About this task: Look through the records below for the line with "pub max : ℤ". Return that line and each one after it up to and including the line with "filename src/MinMaxPair/Bounds.antt", exactly.

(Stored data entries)
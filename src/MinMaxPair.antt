-- ===== src/MinMaxPair.antt =====
-- include/minerule/Utils/MinMaxPair.hpp: the bounds on the sizes of bodies and heads. `none` is a
-- failed assertion.
pub mod Bounds
use minerule.Prelude.{
  ℤ, pos, le_int, Bool, true, false, not, ◌&&◌, if◌then◌else◌, Option, none, some, guard, ◌>>=◌,
  ◌>>◌,
}

-- `class MinMaxPair`
pub record MinMaxPair : Type 0 where
  pub min : ℤ
  pub max : ℤ

-- `MinMaxPair(m, M)`
unfoldable pub make_pair : ℤ → ℤ → Option MinMaxPair
make_pair m n = do guard (le_int m n); some (record { min = m; max = n })

-- `_MIN` and `_MAX`; `m1 < m2` is the negation of `m2 <= m1`.
unfoldable pub min_of : ℤ → ℤ → ℤ
min_of m1 m2 = if not (le_int m2 m1) then m1 else m2

unfoldable pub max_of : ℤ → ℤ → ℤ
max_of m1 m2 = if not (le_int m1 m2) then m1 else m2

-- `applyConstraints`
unfoldable pub apply_constraints : MinMaxPair → MinMaxPair → Option MinMaxPair
apply_constraints self constr = do
  guard (le_int self.min self.max)
  guard (le_int constr.min constr.max)
  let min1 = min_of (max_of self.min constr.min) constr.max
  let max1 = max_of (min_of self.max constr.max) constr.min
  guard (le_int min1 max1)
  some (record { min = min1; max = max1 })

-- `validate` and `contains`
unfoldable pub validate : MinMaxPair → ℤ → Bool
validate p v = le_int p.min v && le_int v p.max

unfoldable pub contains : MinMaxPair → MinMaxPair → Bool
contains p mm = le_int p.min mm.min && le_int mm.max p.max

unfoldable pub set_default_max : MinMaxPair → MinMaxPair
set_default_max p = record p { max = pos 1000 }
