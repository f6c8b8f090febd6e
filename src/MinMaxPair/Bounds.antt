-- ===== src/MinMaxPair/Bounds.antt =====
-- What the bounds admit, after constraints and by inclusion.
use minerule.Prelude.{
  ℤ, le_int, le_int_trans, le_int_total, le_int_refl, le_int_antisym, true, false, ◌≡◌, refl, some,
  arith, ◌⊎◌, ◌↔◌,
}
use minerule.MinMaxPair.{MinMaxPair, min_of, max_of, apply_constraints, validate, contains}

-- For a pair whose minimum is at most its maximum, contains tells whether each value that it admits
-- is admitted by the other pair.
pub validate-contains :
    (p q : MinMaxPair)
    → le_int q.min q.max ≡ true
    → (contains p q ≡ true) ↔ ((v : ℤ) → validate q v ≡ true → validate p v ≡ true)
unfolding contains validate
validate-contains p q h = (
  λ inside v k. ground (arith, le_int_trans p.min q.min v, le_int_trans v q.max p.max),
  λ admits.
      let low : validate p q.min ≡ true = admits q.min (ground (arith, le_int_refl q.min)) in
      let high : validate p q.max ≡ true = admits q.max (ground (arith, le_int_refl q.max)) in
      ground (arith, low, high),
)

min_of_cases :
    (x y : ℤ) → ((min_of x y ≡ x) × (le_int x y ≡ true)) ⊎ ((min_of x y ≡ y) × (le_int y x ≡ true))
unfolding min_of
min_of_cases x y = ground (arith, le_int_total x y)

max_of_cases :
    (x y : ℤ) → ((max_of x y ≡ x) × (le_int y x ≡ true)) ⊎ ((max_of x y ≡ y) × (le_int x y ≡ true))
unfolding max_of
max_of_cases x y = ground (arith, le_int_total x y)

-- The two limits that the constraints leave.
module _ (a b c d : ℤ) (ab : le_int a b ≡ true) (cd : le_int c d ≡ true) where
  lower-between :
      (le_int c (min_of (max_of a c) d) ≡ true) × (le_int (min_of (max_of a c) d) d ≡ true)
  lower-between =
      ground (arith, min_of_cases (max_of a c) d, max_of_cases a c, le_int_refl c, le_int_refl d)

  upper-between :
      (le_int c (max_of (min_of b d) c) ≡ true) × (le_int (max_of (min_of b d) c) d ≡ true)
  upper-between =
      ground (arith, max_of_cases (min_of b d) c, min_of_cases b d, le_int_refl c, le_int_refl d)

  lower-upper : le_int (min_of (max_of a c) d) (max_of (min_of b d) c) ≡ true
  lower-upper = ground (
    arith,
    max_of_cases (min_of b d) c,
    min_of_cases b d,
    min_of_cases (max_of a c) d,
    max_of_cases a c,
    le_int_refl c,
    le_int_refl d,
    lower-between,
    upper-between,
    le_int_trans (min_of (max_of a c) d) a b,
    le_int_trans c b d,
  )

  lower-v :
      (v : ℤ) → le_int a v ≡ true → le_int c v ≡ true → le_int (min_of (max_of a c) d) v ≡ true
  lower-v v h k =
      ground (
        arith,
        min_of_cases (max_of a c) d,
        max_of_cases a c,
        le_int_trans d a v,
        le_int_trans d c v,
      )

  upper-v :
      (v : ℤ) → le_int v b ≡ true → le_int v d ≡ true → le_int v (max_of (min_of b d) c) ≡ true
  upper-v v h k =
      ground (
        arith,
        max_of_cases (min_of b d) c,
        min_of_cases b d,
        le_int_trans v b c,
        le_int_trans v d c,
      )

  -- The limits coincide with those of the intersection, or with the near limit of the constraints.
  lower_own :
      (v : ℤ) → le_int a v ≡ true → le_int v d ≡ true → le_int a (min_of (max_of a c) d) ≡ true
  lower_own v h k =
      ground
        (arith, min_of_cases (max_of a c) d, max_of_cases a c, le_int_refl a, le_int_trans a v d)

  upper_own :
      (v : ℤ) → le_int v b ≡ true → le_int c v ≡ true → le_int (max_of (min_of b d) c) b ≡ true
  upper_own v h k =
      ground
        (arith, max_of_cases (min_of b d) c, min_of_cases b d, le_int_refl b, le_int_trans c v b)

  below : le_int c b ≡ false → (min_of (max_of a c) d ≡ c) × (max_of (min_of b d) c ≡ c)
  below h = ground (
    arith,
    min_of_cases (max_of a c) d,
    max_of_cases a c,
    max_of_cases (min_of b d) c,
    min_of_cases b d,
    le_int_total b c,
    le_int_trans a b c,
    le_int_trans b c d,
    le_int_antisym c d,
    le_int_antisym b c,
    le_int_antisym a c,
    le_int_antisym d c,
  )

  above : le_int a d ≡ false → (min_of (max_of a c) d ≡ d) × (max_of (min_of b d) c ≡ d)
  above h = ground (
    arith,
    min_of_cases (max_of a c) d,
    max_of_cases a c,
    max_of_cases (min_of b d) c,
    min_of_cases b d,
    le_int_total d a,
    le_int_trans d a b,
    le_int_trans c d a,
    le_int_antisym c d,
    le_int_antisym a c,
    le_int_antisym b d,
    le_int_antisym d c,
    le_int_antisym a d,
  )

module _ (self constr : MinMaxPair) (self_ok : le_int self.min self.max ≡ true)
    (constr_ok : le_int constr.min constr.max ≡ true) where
  -- On two pairs whose minimum is at most their maximum, applyConstraints passes its assertions and
  -- leaves such a pair, inside the constraints, that admits every value that both pairs admit; if
  -- there is such a value it is inside the first pair too, and if there is none both its limits are
  -- the limit of the constraints that is nearest to the first pair.
  pub contains-apply_constraints :
      (r : MinMaxPair) × (apply_constraints self constr ≡ some r)
      × (le_int r.min r.max ≡ true)
      × (contains constr r ≡ true)
      × ((v : ℤ) → validate self v ≡ true → validate constr v ≡ true → validate r v ≡ true)
      × ((v : ℤ) → validate self v ≡ true → validate constr v ≡ true → contains self r ≡ true)
      × (le_int constr.min self.max ≡ false → (r.min ≡ constr.min) × (r.max ≡ constr.min))
      × (le_int self.min constr.max ≡ false → (r.min ≡ constr.max) × (r.max ≡ constr.max))
  unfolding contains validate apply_constraints
  contains-apply_constraints =
      let (c_lower, lower_d) =
        lower-between self.min self.max constr.min constr.max self_ok constr_ok in
      let (c_upper, upper_d) =
        upper-between self.min self.max constr.min constr.max self_ok constr_ok in
      let fits = lower-upper self.min self.max constr.min constr.max self_ok constr_ok in
      (
        record {
          min = min_of (max_of self.min constr.min) constr.max;
          max = max_of (min_of self.max constr.max) constr.min;
        },
        rw (self_ok, constr_ok, fits) refl,
        fits,
        rw (c_lower, upper_d) refl,
        λ v h k.
            let low = lower-v self.min self.max constr.min constr.max self_ok constr_ok v in
            let high = upper-v self.min self.max constr.min constr.max self_ok constr_ok v in
            ground arith,
        λ v h k.
            let low = lower_own self.min self.max constr.min constr.max self_ok constr_ok v in
            let high = upper_own self.min self.max constr.min constr.max self_ok constr_ok v in
            ground arith,
        below self.min self.max constr.min constr.max self_ok constr_ok,
        above self.min self.max constr.min constr.max self_ok constr_ok,
      )
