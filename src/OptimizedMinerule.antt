-- ===== src/OptimizedMinerule.antt =====
-- include/minerule/Optimizer/OptimizedMinerule.hpp and src/Optimizer/OptimizedMinerule.cpp: the
-- relationship of a past minerule to the current one, and the search for the best past minerule.
-- A float is its bit pattern, and `<=` on floats is an argument.
pub mod Relations
pub mod Search
pub mod Candidates
use minerule.Prelude.{
  ℕ, zero, suc, Bool, true, false, not, ◌&&◌, ltb, ◌==◌, if◌then◌else◌, Option, none, some, ◌>>=◌,
  List, [], ◌∷◌, ◌++◌, Ordering,
}
use minerule.Predicate.{Text, ParsedPred, Pool, Predicate, compare_text, predicate_of}
use minerule.NormalForm.{
  Relationship, first_more_general, first_more_specific, equivalent, unrelated,
}
use minerule.MinMaxPair.{MinMaxPair, contains}

-- The fields of `ParsedMinerule` that the optimizer compares.
pub record ParsedMinerule : Type 0 where
  pub ga : List Text
  pub ca : List Text
  pub ra : List Text
  pub ba : List Text
  pub ha : List Text
  pub mc : List (List ParsedPred)
  pub gc : List (List ParsedPred)
  pub cc : List (List ParsedPred)
  pub c_aggr_list : List Text
  pub sup : ℕ
  pub body_cardinalities : MinMaxPair
  pub head_cardinalities : MinMaxPair
  pub tab_source : Text
  pub tab_result : Text

-- `MineruleRelationship`
pub data MineruleRelationship : Type 0 where
  no_relationship dominance inclusion equivalence combination : MineruleRelationship

-- `==` on strings and on vectors of strings.
unfoldable pub same_text : Text → Text → Bool
same_text s t = elim (compare_text s t) [ Ordering.eq ↦ true | _ ↦ false ]

unfoldable pub same_texts : List Text → List Text → Bool
same_texts [] [] = true
same_texts [] (t ∷ ts) = false
same_texts (s ∷ ss) [] = false
same_texts (s ∷ ss) (t ∷ ts) = same_text s t && same_texts ss ts

-- The loop of `getMineruleRelationship` over the three relationships.
unfoldable pub relation_loop : MineruleRelationship → List Relationship → MineruleRelationship
relation_loop current [] = current
relation_loop current (first_more_general ∷ rest) = relation_loop dominance rest
relation_loop current (equivalent ∷ rest) = relation_loop current rest
relation_loop current (first_more_specific ∷ rest) = no_relationship
relation_loop current (unrelated ∷ rest) = no_relationship

module _ (le_float : ℕ → ℕ → Bool) where
  -- The guard of `getMineruleRelationship`.
  unfoldable pub comparable : ParsedMinerule → ParsedMinerule → Bool
  comparable mr1 mr2 =
      same_texts mr1.ga mr2.ga
      && same_texts mr1.ca mr2.ca
      && same_texts mr1.ra mr2.ra
      && same_texts mr1.ba mr2.ba
      && same_texts mr1.ha mr2.ha
      && same_texts mr1.c_aggr_list mr2.c_aggr_list
      && le_float mr1.sup mr2.sup
      && contains mr1.body_cardinalities mr2.body_cardinalities
      && contains mr1.head_cardinalities mr2.head_cardinalities
      && same_text mr1.tab_source mr2.tab_source

-- What `getMineruleRelationship` is given: the option that turns it off, `<=` on floats, and
-- `getPredicateRelationship` on a source table.
module _ (avoid_dominance_detection : Bool) (le_float : ℕ → ℕ → Bool)
    (relate : Text → Predicate → Predicate → Pool → Option (Relationship × Pool)) where
  unfoldable pub three_relationships :
      ParsedMinerule → ParsedMinerule → Pool → Option (List Relationship × Pool)
  three_relationships mr1 mr2 pool =
      let (mr1pmc, pool1) = predicate_of mr1.mc pool in
      let (mr2pmc, pool2) = predicate_of mr2.mc pool1 in
      let (mr1pgc, pool3) = predicate_of mr1.gc pool2 in
      let (mr2pgc, pool4) = predicate_of mr2.gc pool3 in
      let (mr1pcc, pool5) = predicate_of mr1.cc pool4 in
      let (mr2pcc, pool6) = predicate_of mr2.cc pool5 in
      do
        (mcrel, pool7) ← relate mr1.tab_source mr1pmc mr2pmc pool6
        (gcrel, pool8) ← relate mr1.tab_source mr1pgc mr2pgc pool7
        (ccrel, pool9) ← relate mr1.tab_source mr1pcc mr2pcc pool8
        some (mcrel ∷ gcrel ∷ ccrel ∷ [], pool9)

  -- `getMineruleRelationship`
  unfoldable pub get_minerule_relationship :
      ParsedMinerule → ParsedMinerule → Pool → Option (MineruleRelationship × Pool)
  get_minerule_relationship mr1 mr2 pool = elim (avoid_dominance_detection) [
    | true ↦ some (no_relationship, pool)
    | false ↦ elim (comparable le_float mr1 mr2) [
      | false ↦ some (no_relationship, pool)
      | true ↦ do
        (relations, pool1) ← three_relationships mr1 mr2 pool
        some (relation_loop equivalence relations, pool1)
    ]
  ]

-- `CatalogueInfo`, with the minerule that its text parses to.
pub record CatalogueInfo : Type 0 where
  pub mr : ParsedMinerule
  pub res_size : ℕ

-- `OptimizationInfo`, without the combination formula.
pub record OptimizationInfo : Type 0 where
  pub relationship : MineruleRelationship
  pub minerule : ParsedMinerule
  pub minerules_to_combine : List ParsedMinerule

-- What the loop of `optimize` is given: the relationship of a past minerule to the current one,
-- whether it is a candidate for a combination, the option that avoids equivalences, and the size
-- of a past result, which the catalogue tells by its name.
module _ (relation : ParsedMinerule → MineruleRelationship) (candidate : ParsedMinerule → Bool)
    (avoid_equivalence_detection : Bool) (query_size : Text → Option ℕ) where
  -- `currentRel`, after equivalences have been turned into dominances.
  unfoldable pub current_rel : ParsedMinerule → MineruleRelationship
  current_rel mr = elim (relation mr) [
    | equivalence ↦ if avoid_equivalence_detection then dominance else equivalence
    | no_relationship ↦ no_relationship
    | dominance ↦ dominance
    | inclusion ↦ inclusion
    | combination ↦ combination
  ]

  -- The case of a dominant minerule.
  unfoldable pub dominated : CatalogueInfo → OptimizationInfo → Option OptimizationInfo
  dominated it opt = elim opt.relationship [
    | no_relationship ↦ some (record opt { minerule = it.mr; relationship = dominance })
    | _ ↦ do
      old_size ← query_size opt.minerule.tab_result
      some (
          if ltb it.res_size old_size
          then record opt { minerule = it.mr; relationship = dominance }
          else record opt { relationship = dominance })
  ]

  -- The loop of `optimize` over the past minerules.
  unfoldable pub optimize_loop : List CatalogueInfo → OptimizationInfo → Option OptimizationInfo
  optimize_loop [] opt = some opt
  optimize_loop (it ∷ rest) opt =
      let opt1 =
        if candidate it.mr
        then record opt { minerules_to_combine = opt.minerules_to_combine ++ it.mr ∷ [] }
        else opt in
      elim (current_rel it.mr) [
        | equivalence ↦ some (record opt1 { relationship = equivalence; minerule = it.mr })
        | dominance ↦ dominated it opt1 >>= optimize_loop rest
        | _ ↦ optimize_loop rest opt1
      ]
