-- ===== src/OptimizedMinerule/Candidates.antt =====
-- The other comparisons of two minerules: inclusion, dominance, and the condition on attributes
-- under which a past query is a candidate for a combination.
use minerule.Prelude.{
  ℕ, ◌≡◌, refl, Bool, true, false, not, ◌&&◌, any, all, Option, none, some, ◌>>=◌, List, [], ◌∷◌,
  arith, if◌then◌else◌,
}
use minerule.Predicate.{Text, ParsedPred, Pool, Predicate, predicate_of}
use minerule.NormalForm.{
  Relationship, first_more_general, first_more_specific, equivalent, unrelated,
}
use minerule.SqlUtils.{is_attribute, strip_prefix, remove_head_body, head_dot, body_dot}
use minerule.OptimizedMinerule.{
  ParsedMinerule, MineruleRelationship, no_relationship, dominance, inclusion, equivalence,
  combination, comparable, same_text, relation_loop, three_relationships, get_minerule_relationship,
}

-- `attributesInPredicate`: what is not a number, of both sides.
unfoldable pub attributes_in_predicate : (Text → Bool) → List (List ParsedPred) → List Text
attributes_in_predicate is_number [] = []
attributes_in_predicate is_number ([] ∷ l) = attributes_in_predicate is_number l
attributes_in_predicate is_number ((p ∷ l_and) ∷ l) =
    let rest = attributes_in_predicate is_number (l_and ∷ l) in
    let rest2 = if not (is_number p.val2) then p.val2 ∷ rest else rest in
    if not (is_number p.val1) then p.val1 ∷ rest2 else rest2

-- `includes` on the two sets: every attribute of the first is one of the second.
unfoldable pub predicate_attributes_are_included :
    (Text → Bool) → ParsedMinerule → ParsedMinerule → Bool
predicate_attributes_are_included is_number mr1 mr2 =
    all (λ s. any (same_text s) (attributes_in_predicate is_number mr2.mc))
      (attributes_in_predicate is_number mr1.mc)

-- `OptimizerCatalogue::hasIDConstraints`, where the catalogue tells `isIDAttribute`.
unfoldable pub selected_attributes : ParsedMinerule → Text → Option (List Text)
selected_attributes minerule attr = elim (strip_prefix body_dot attr) [
  | some _ ↦ some minerule.ba
  | none ↦ elim (strip_prefix head_dot attr) [ some _ ↦ some minerule.ha | none ↦ none ]
]

module _ (is_number : Text → Bool) (is_id_attribute : Text → List Text → Text → Bool) where
  unfoldable pub has_id_loop : ParsedMinerule → List (List ParsedPred) → Option Bool
  has_id_loop minerule [] = some true
  has_id_loop minerule ([] ∷ l) = has_id_loop minerule l
  has_id_loop minerule ((p ∷ l_and) ∷ l) =
      let attr1 = is_attribute is_number p.val1 in
      let attr2 = is_attribute is_number p.val2 in
      let the_attr = if attr2 then p.val2 else (if attr1 then p.val1 else []) in
      elim (attr1 && attr2) [
        | true ↦ some false
        | false ↦ do
          attr_list ← selected_attributes minerule the_attr
          elim (is_id_attribute minerule.tab_source attr_list (remove_head_body the_attr)) [
            | true ↦ has_id_loop minerule (l_and ∷ l)
            | false ↦ some false
          ]
      ]

  unfoldable pub has_id_constraints : ParsedMinerule → Option Bool
  has_id_constraints minerule = has_id_loop minerule minerule.mc

  -- `isACandidateQuery`
  unfoldable pub is_a_candidate_query :
      (ℕ → ℕ → Bool) → ParsedMinerule → ParsedMinerule → Option Bool
  is_a_candidate_query le_float mr1 mr2 = elim (comparable le_float mr1 mr2) [
    | false ↦ some false
    | true ↦ do
      id_constraints ← has_id_constraints mr1
      some (id_constraints && predicate_attributes_are_included is_number mr1 mr2)
  ]

-- `mcrel == FirstMoreGeneral || mcrel == Equivalent`
abbrev pub general_or_equivalent : Relationship → Bool
general_or_equivalent first_more_general = true
general_or_equivalent first_more_specific = false
general_or_equivalent equivalent = true
general_or_equivalent unrelated = false

module _ (le_float : ℕ → ℕ → Bool)
    (relate : Text → Predicate → Predicate → Pool → Option (Relationship × Pool)) where
  -- `firstMineruleDominatesSecondMinerule`
  unfoldable pub first_minerule_dominates :
      ParsedMinerule → ParsedMinerule → Pool → Option (Bool × Pool)
  first_minerule_dominates mr1 mr2 pool = do
    (relations, pool1) ← three_relationships false le_float relate mr1 mr2 pool
    some (comparable le_float mr1 mr2 && all general_or_equivalent relations, pool1)

  abbrev pub dominates_or_equals : MineruleRelationship → Bool
  dominates_or_equals no_relationship = false
  dominates_or_equals dominance = true
  dominates_or_equals inclusion = false
  dominates_or_equals equivalence = true
  dominates_or_equals combination = false

  dominates-relation_loop :
      (current : MineruleRelationship) (relations : List Relationship)
      → dominates_or_equals current ≡ true
      → all general_or_equivalent relations ≡ dominates_or_equals (relation_loop current relations)
  unfolding relation_loop
  dominates-relation_loop current [] h = ground arith
  dominates-relation_loop current (first_more_general ∷ rest) h =
      dominates-relation_loop dominance rest refl
  dominates-relation_loop current (first_more_specific ∷ rest) h = refl
  dominates-relation_loop current (equivalent ∷ rest) h = dominates-relation_loop current rest h
  dominates-relation_loop current (unrelated ∷ rest) h = refl

  -- For comparable minerules whose three predicate relationships can be computed, and with
  -- dominance detection on, getMineruleRelationship returns, and
  -- firstMineruleDominatesSecondMinerule answers true exactly where the result is a dominance or an
  -- equivalence.
  pub first_minerule_dominates-get_minerule_relationship :
      (mr1 mr2 : ParsedMinerule) (pool pool' : Pool) (relations : List Relationship)
      → comparable le_float mr1 mr2 ≡ true
      → three_relationships false le_float relate mr1 mr2 pool ≡ some (relations, pool')
      → (rel : MineruleRelationship) × (get_minerule_relationship false le_float relate mr1 mr2 pool
          ≡ some (rel, pool'))
        × (first_minerule_dominates mr1 mr2 pool ≡ some (dominates_or_equals rel, pool'))
  unfolding get_minerule_relationship first_minerule_dominates
  first_minerule_dominates-get_minerule_relationship mr1 mr2 pool pool' relations same e = (
    relation_loop equivalence relations,
    rw (same, get_minerule_relationship) (rw e refl),
    rw (e, first_minerule_dominates)
        (rw (same, dominates-relation_loop equivalence relations refl) refl),
  )

-- `&&` over calls of `predicatesAreEquivalent`, which stops at the first that is false.
module _ (le_float : ℕ → ℕ → Bool)
    (equivalent_predicates : Text → Predicate → Predicate → Pool → Option (Bool × Pool)) where
  unfoldable pub all_equivalent : Text → List (Predicate × Predicate) → Pool → Option (Bool × Pool)
  all_equivalent tab [] pool = some (true, pool)
  all_equivalent tab (ps ∷ rest) pool = do
    (same, pool1) ← equivalent_predicates tab ps.0 ps.1 pool
    elim same [ true ↦ all_equivalent tab rest pool1 | false ↦ some (false, pool1) ]

  -- `firstMineruleIncludesSecondMinerule`
  unfoldable pub first_minerule_includes :
      ParsedMinerule → ParsedMinerule → Pool → Option (Bool × Pool)
  first_minerule_includes mr1 mr2 pool =
      let (mr1pmc, pool1) = predicate_of mr1.mc pool in
      let (mr2pmc, pool2) = predicate_of mr2.mc pool1 in
      let (mr1pgc, pool3) = predicate_of mr1.gc pool2 in
      let (mr2pgc, pool4) = predicate_of mr2.gc pool3 in
      let (mr1pcc, pool5) = predicate_of mr1.cc pool4 in
      let (mr2pcc, pool6) = predicate_of mr2.cc pool5 in
      elim (comparable le_float mr1 mr2) [
        | true ↦
            all_equivalent mr1.tab_source
              ((mr1pmc, mr2pmc) ∷ (mr1pgc, mr2pgc) ∷ (mr1pcc, mr2pcc) ∷ []) pool6
        | false ↦ some (false, pool6)
      ]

Answer box:
  pub max : ℤ

-- `MinMaxPair(m, M)`
unfoldable pub make_pair : ℤ → ℤ → Option MinMaxPair
make_pair m n = do guard (le_int m n); some (record { min = m; max = n })

-- `_MIN` and `_MAX`; `m1 < m2` is the negation of `m2 <= m1`.
unfoldable pub min_of : ℤ → ℤ → ℤ
min_of m1 m2 = if not (le_int m2 m1) then m1 else m2

unfoldable pub max_of : ℤ → ℤ → ℤ
max_of m1 m2 = if not (le_int m1 m2) then m1 else m2

-- `applyConstraints`
unfoldable pub apply_constraints : MinMaxPair → MinMaxPair → Option MinMaxPair
apply_constraints self constr = do
  guard (le_int self.min self.max)
  guard (le_int constr.min constr.max)
  let min1 = min_of (max_of self.min constr.min) constr.max
  let max1 = max_of (min_of self.max constr.max) constr.min
  guard (le_int min1 max1)
  some (record { min = min1; max = max1 })

-- `validate` and `contains`
unfoldable pub validate : MinMaxPair → ℤ → Bool
validate p v = le_int p.min v && le_int v p.max

unfoldable pub contains : MinMaxPair → MinMaxPair → Bool
contains p mm = le_int p.min mm.min && le_int mm.max p.max

unfoldable pub set_default_max : MinMaxPair → MinMaxPair
set_default_max p = record p { max = pos 1000 }
repository f6c8b8f090febd6e
filename src/MinMaxPair/Bounds.antt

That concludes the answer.